Pathways through Lent

A Profound Compassion

123Many years ago, I heard a story about a conservative Christian couple who had to confront their beliefs in a very painful way. It struck me and has stayed with me, and this is what I remember of it: The couple’s son struggled with drug addiction and was in and out of jail. Though they tried to convince him to accept Jesus as his Savior so that he could be forgiven and saved, he would not do it. One evening, the son was in a horrible accident, and it was clear that he would not survive. As the parents arrived at the hospital, their grief was tangible. They were losing their son, to this life and also to eternal life, and the situation seemed hopeless.

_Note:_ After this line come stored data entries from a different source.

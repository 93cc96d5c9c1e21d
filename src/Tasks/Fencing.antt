-- ===== src/Tasks/Fencing.antt =====
-- The fences of task leases: who may end a task, and what a claim does to the holders before it.
pub mod Leases
pub mod Claims
use fornix.Base.{
  ℕ, zero, suc, ◌+◌, ◌<◌, ◌≤◌, ◌≡◌, refl, sym, ap, ◌∙◌, subst, ◌⊎◌, inl, inr, String, str_eq,
  eq_iff, eq_refl, trim, is_empty, Bool, true, false, not, ◌&&◌, Option, none, some, Option-cases,
  ltb, leb, ◌==◌, ==_iff, if◌then◌else◌, Bool-cases, and-eq-true, Result, ok, err, ◌>>=◌, ◌>>◌,
  guard, >>=-eq-ok, guard-eq-ok, ok-injective, err-not-ok, List, arith,
}
use fornix.Event.Normalize.{Env}
use fornix.Lease.{Clock, lease_end}
use fornix.Tasks.Types.{
  TaskError, Task, TaskExecutionLease, Database, TaskMutationResult, TaskOutcomeInput,
  TaskFailureInput, TaskCancelInput, TaskClaimInput, TaskClaimResult,
}
use fornix.Tasks.Rules.{normalize_workspace}
use fornix.Tasks.Events.{TaskCalls}
use fornix.Tasks.Rows.{find_task}
use fornix.Tasks.Rows.Authority.{IsHolder}
use fornix.Tasks.Rows.Keys.{find_task-is_task}
use fornix.Tasks.Outcomes.{complete, fail, cancel}
use fornix.Tasks.Refinement.Calls.{complete-Effect, fail-Effect, cancel-Effect}
use fornix.Tasks.Refinement.Effect.{Effect, Effect-authority}
use fornix.Tasks.Refinement.Outcomes.{Resolution}

-- A request that ends a task or reports on it.
pub data Mutation (Raw : Type 0) : Type 0 where
  completion : TaskOutcomeInput Raw → Mutation Raw
  failure : TaskFailureInput Raw → Mutation Raw
  cancellation : TaskCancelInput Raw → Mutation Raw

-- The fence of a row, 0 where there is none.
abbrev pub fence_in : Option TaskExecutionLease → ℕ
fence_in none = 0
fence_in (some l) = l.fence

module _ {Raw : Type 0} where
  abbrev pub workspace_of : Mutation Raw → String
  workspace_of (completion input) = normalize_workspace input.workspace_id
  workspace_of (failure input) = normalize_workspace input.workspace_id
  workspace_of (cancellation input) = normalize_workspace input.workspace_id

  abbrev pub task_of : Mutation Raw → ℕ
  task_of (completion input) = input.task_id
  task_of (failure input) = input.task_id
  task_of (cancellation input) = input.task_id

  abbrev pub owner_of : Mutation Raw → String
  owner_of (completion input) = input.owner_id
  owner_of (failure input) = input.owner_id
  owner_of (cancellation input) = input.owner_id

  abbrev pub fence_of : Mutation Raw → ℕ
  fence_of (completion input) = input.fence
  fence_of (failure input) = input.fence
  fence_of (cancellation input) = input.fence

module _ {Raw Evidence : Type 0} (calls : TaskCalls Raw Evidence) (env : Env) (clock : Clock) where
  abbrev pub mutate :
      Database Raw Evidence
      → Mutation Raw
      → Result TaskError (TaskMutationResult Raw × Database Raw Evidence)
  mutate db (completion input) = complete calls env clock db input
  mutate db (failure input) = fail calls env clock db input
  mutate db (cancellation input) = cancel calls env clock db input

  mutate-Effect :
      (db db' : Database Raw Evidence) (m : Mutation Raw) (r : TaskMutationResult Raw)
      → mutate db m ≡ ok (r, db')
      → Effect calls env clock db db' (workspace_of m) (task_of m) (owner_of m) (fence_of m) r
  mutate-Effect db db' (completion input) r h = complete-Effect calls env clock db db' input r h
  mutate-Effect db db' (failure input) r h = fail-Effect calls env clock db db' input r h
  mutate-Effect db db' (cancellation input) r h = cancel-Effect calls env clock db db' input r h

  -- Only with authority: a completion, progress report, failure or cancellation that returns a
  -- result that is no duplicate comes from the holder of the task's unreleased and unexpired lease,
  -- with its fence, or from a caller with fence 0 for a pending task that no session owns.
  pub mutate-authority :
      (db db' : Database Raw Evidence) (m : Mutation Raw) (r : TaskMutationResult Raw)
      → mutate db m ≡ ok (r, db')
      → r.deduped ≡ false
      → (t : Task) × (find_task db.tasks (workspace_of m) (task_of m) ≡ some t)
        × (IsHolder db (clock 0) t (owner_of m) (fence_of m)
            ⊎ ((t.assigned_session ≡ none) × (t.status ≡ "pending") × (fence_of m ≡ 0)))
  mutate-authority db db' m r h fresh =
      Effect-authority calls env clock db db' (workspace_of m) (task_of m) (owner_of m) (fence_of m)
        r fresh (mutate-Effect db db' m r h)

  Effect-unchanged :
      (db db' : Database Raw Evidence) (w : String) (i : ℕ) (owner : String) (fence : ℕ)
      (r : TaskMutationResult Raw)
      → r.deduped ≡ true
      → Effect calls env clock db db' w i owner fence r
      → db' ≡ db
  Effect-unchanged db db' w i owner fence r seen (o, c, r', d, _, resolution) = elim resolution [
    | inl (_, same) ↦ same
    | inr s ↦ absurd (cc (sym s.is_new ∙ d ∙ seen))
  ]

  -- A superseded worker changes nothing: when the task's lease row has another fence than the one,
  -- not 0, that a request shows, then the request fails, or it is a duplicate that leaves the
  -- database as it is.
  pub mutate-superseded :
      (db : Database Raw Evidence) (m : Mutation Raw) (lease : TaskExecutionLease)
      → db.leases (workspace_of m) (task_of m) ≡ some lease
      → 0 < fence_of m
      → (lease.fence == fence_of m) ≡ false
      → (r : TaskMutationResult Raw) (db' : Database Raw Evidence) → mutate db m ≡ ok (r, db')
      → (r.deduped ≡ true) × (db' ≡ db)
  mutate-superseded db m lease row positive other r db' h = elim (Bool-cases r.deduped) [
    | inl seen ↦ (
      seen,
      Effect-unchanged db db' (workspace_of m) (task_of m) (owner_of m) (fence_of m) r seen
          (mutate-Effect db db' m r h),
    )
    | inr fresh ↦
        let (t, found, authority) = mutate-authority db db' m r h fresh in
        elim authority [
          | inr u ↦ absurd (omega (arith, positive, u.2))
          | inl holder ↦
              let (here, same) = find_task-is_task db.tasks (workspace_of m) (task_of m) t found in
              let row' : db.leases t.workspace_id t.id ≡ some lease = rw (here, same) row in
              let e : lease.fence ≡ fence_of m =
                ap fence_in (sym row' ∙ holder.row) ∙ holder.fenced in
              ground (arith, e, other)
        ]
  ]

When the minister joined the couple, they all bowed their heads to pray. “God,” the minister said, “We love this man, Your child, greatly and we have forgiven him for his mistakes. We know that Your love and Your compassion is so much more profound than our own. We release him now to Your care.” I can only imagine the sense of peace and hope at that moment.

The God of the Old Testament can be astoundingly angry and vengeful and can evoke great dread. I am much more frightened by the thought that God is a violent and wrathful God than by the thought that God might not exist. But Jesus takes away my fear and changes everything. Jesus demonstrates the radical love, the gentleness, and the compassion of God.  Far from distancing himself from the outcasts and condemned of society, Jesus seeks out their company and recognizes their value. Because of Jesus, we are reassured that God is walking with us, God is suffering alongside of us, God has not abandoned us.  And at the darkest hour, when the light has been extinguished and all hope seems to be lost, God overcomes. God’s Goodness is triumphant.

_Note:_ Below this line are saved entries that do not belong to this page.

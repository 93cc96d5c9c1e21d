-- ===== src/Tasks/Fencing/Leases.antt =====
-- The lease rows that a claim writes and that a dead letter closes, and their fences.
use fornix.Base.{
  ℕ, ◌<◌, ◌≡◌, refl, sym, ap, ◌∙◌, subst, inl, inr, String, str_eq, eq_iff, eq_refl, Bool, true,
  false, not, ◌&&◌, Option, none, some, Option-cases, ltb, ◌==◌, ==_iff, Bool-cases, and-eq-true,
  ok, guard-eq-ok, ok-injective, err-not-ok, arith,
}
use fornix.Tasks.Types.{TaskExecutionLease, Database, lease_held, fence_exhausted}
use fornix.Tasks.Rules.{max_task_fence}
use fornix.Tasks.Rows.{LeaseRows, write_lease, update_lease, read_task_lease}
use fornix.Tasks.Rows.Authority.{read_task_lease-row}
use fornix.Tasks.Claim.{next_fence, claimed_leases, fence_before, taken_lease, first_lease}
use fornix.Tasks.Fencing.{fence_in}

write_lease_self :
    (rows : LeaseRows) (w : String) (i : ℕ) (l : TaskExecutionLease)
    → write_lease rows w i l w i ≡ some l
write_lease_self rows w i l =
    let p : (str_eq w w && i == i) ≡ true = rw (eq_refl w) (ground arith) in rw p refl

update_lease-none :
    (rows : LeaseRows) (w : String) (i : ℕ) (test : TaskExecutionLease → Bool)
    (f : TaskExecutionLease → TaskExecutionLease)
    → rows w i ≡ none
    → update_lease rows w i test f ≡ rows
update_lease-none rows w i test f k = rw (k, update_lease) refl

update_lease-miss :
    (rows : LeaseRows) (w : String) (i : ℕ) (test : TaskExecutionLease → Bool)
    (f : TaskExecutionLease → TaskExecutionLease) (l : TaskExecutionLease)
    → rows w i ≡ some l
    → test l ≡ false
    → update_lease rows w i test f ≡ rows
update_lease-miss rows w i test f l k p = rw (k, update_lease) (rw p refl)

update_lease-hit :
    (rows : LeaseRows) (w : String) (i : ℕ) (test : TaskExecutionLease → Bool)
    (f : TaskExecutionLease → TaskExecutionLease) (l : TaskExecutionLease)
    → rows w i ≡ some l
    → test l ≡ true
    → update_lease rows w i test f ≡ write_lease rows w i (f l)
update_lease-hit rows w i test f l k p = rw (k, update_lease) (rw p refl)

fence-write :
    (rows : LeaseRows) (w : String) (i : ℕ) (l l' : TaskExecutionLease) (a : String) (b : ℕ)
    → rows w i ≡ some l
    → l'.fence ≡ l.fence
    → fence_in (write_lease rows w i l' a b) ≡ fence_in (rows a b)
fence-write rows w i l l' a b k same = elim (Bool-cases (str_eq w a && i == b)) [
  | inr q ↦ rw (q, write_lease) refl
  | inl q ↦
      let (q1, q2) = and-eq-true (str_eq w a) (i == b) q in
      let here : rows a b ≡ some l =
        subst (λ x. rows x b ≡ some l) ((eq_iff w a).0 q1)
          (subst (λ y. rows w y ≡ some l) ((==_iff i b).0 q2) k) in
      rw (q, write_lease) (same ∙ ap fence_in (sym here))
]

-- An update that leaves the fence of its row leaves all fences.
pub fence-update :
    (rows : LeaseRows) (w : String) (i : ℕ) (test : TaskExecutionLease → Bool)
    (f : TaskExecutionLease → TaskExecutionLease)
    → ((l : TaskExecutionLease) → (f l).fence ≡ l.fence)
    → (a : String) (b : ℕ) → fence_in (update_lease rows w i test f a b) ≡ fence_in (rows a b)
fence-update rows w i test f keeps a b = elim (Option-cases (rows w i)) [
  | inl k ↦ ap (λ r. fence_in (r a b)) (update_lease-none rows w i test f k)
  | inr (l, k) ↦ elim (Bool-cases (test l)) [
    | inr p ↦ ap (λ r. fence_in (r a b)) (update_lease-miss rows w i test f l k p)
    | inl p ↦
        ap (λ r. fence_in (r a b)) (update_lease-hit rows w i test f l k p)
        ∙ fence-write rows w i l (f l) a b k (keeps l)
  ]
]

read-some-not-none :
    {Raw Evidence : Type 0} {A : Type 0} (db : Database Raw Evidence) (now : ℕ) (w : String) (i : ℕ)
    (l : TaskExecutionLease)
    → db.leases w i ≡ some l
    → read_task_lease db now w i ≡ ok none
    → A
unfolding read_task_lease
read-some-not-none db now w i l n h = elim (Bool-cases (l.fence == 0)) [
  | inl p ↦ err-not-ok (rw (n, p, read_task_lease) at h)
  | inr p ↦ absurd (cc (ok-injective (rw (n, p, read_task_lease) at h)))
]

-- The lease that a claim writes, above the row that it read.
pub claimed_leases-row :
    {Raw Evidence : Type 0} (db : Database Raw Evidence) (now : ℕ) (w session_id : String)
    (i fence : ℕ) (takeover : Bool) (until at start : ℕ)
    (found : Option (TaskExecutionLease × Bool))
    → read_task_lease db now w i ≡ ok found
    → next_fence found ≡ ok (fence, takeover)
    → (l : TaskExecutionLease) × (claimed_leases db.leases w i session_id fence takeover until at
          start w i
        ≡ some l)
      × (l.fence ≡ fence)
      × (l.owner_id ≡ session_id)
      × (fence_in (db.leases w i) < l.fence)
unfolding next_fence read_task_lease
claimed_leases-row db now w session_id i fence takeover until at start none h k =
    let shape = ok-injective k in
    let none' : db.leases w i ≡ none = elim (Option-cases (db.leases w i)) [
      | inl n ↦ n
      | inr (l, n) ↦ absurd (read-some-not-none db now w i l n h)
    ] in
    let first = first_lease w i session_id until start in
    let e : claimed_leases db.leases w i session_id fence takeover until at start
        ≡ write_lease db.leases w i first =
      rw (sym (ap (λ x. x.1) shape)) refl in
    (
      first,
      ap (λ r. r w i) e ∙ write_lease_self db.leases w i first,
      ap (λ x. x.0) shape,
      refl,
      rw none' (omega arith),
    )
claimed_leases-row db now w session_id i fence takeover until at start (some (l, active)) h k =
    let (_, k1) = guard-eq-ok (not active) lease_held _ k in
    let (_, k2) = guard-eq-ok (ltb l.fence max_task_fence) fence_exhausted _ k1 in
    let shape = ok-injective k2 in
    let (here, _) = read_task_lease-row db now w i l active h in
    let taken = taken_lease session_id fence until at l in
    let next : fence_before fence l ≡ true = ground (arith, ap (λ x. x.0) shape) in
    let e : claimed_leases db.leases w i session_id fence takeover until at start
        ≡ write_lease db.leases w i taken =
      rw (sym (ap (λ x. x.1) shape)) (
        update_lease-hit db.leases w i (fence_before fence) (taken_lease session_id fence until at)
          l here next) in
    (
      taken,
      ap (λ r. r w i) e ∙ write_lease_self db.leases w i taken,
      refl,
      refl,
      rw here (omega (arith, ap (λ x. x.0) shape)),
    )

Jesus shows me that I need not fear a violent God (the type who might require an excruciating sacrifice and forgive with strings attached). In Jesus, I am reassured that we have a radically loving God whose compassion is infinitely deeper than I can even comprehend – a God who is with us always, in the greatest suffering of this life and into the joyful glory that is beyond it.

Thanks be to God! Hallelujah, Hallelujah!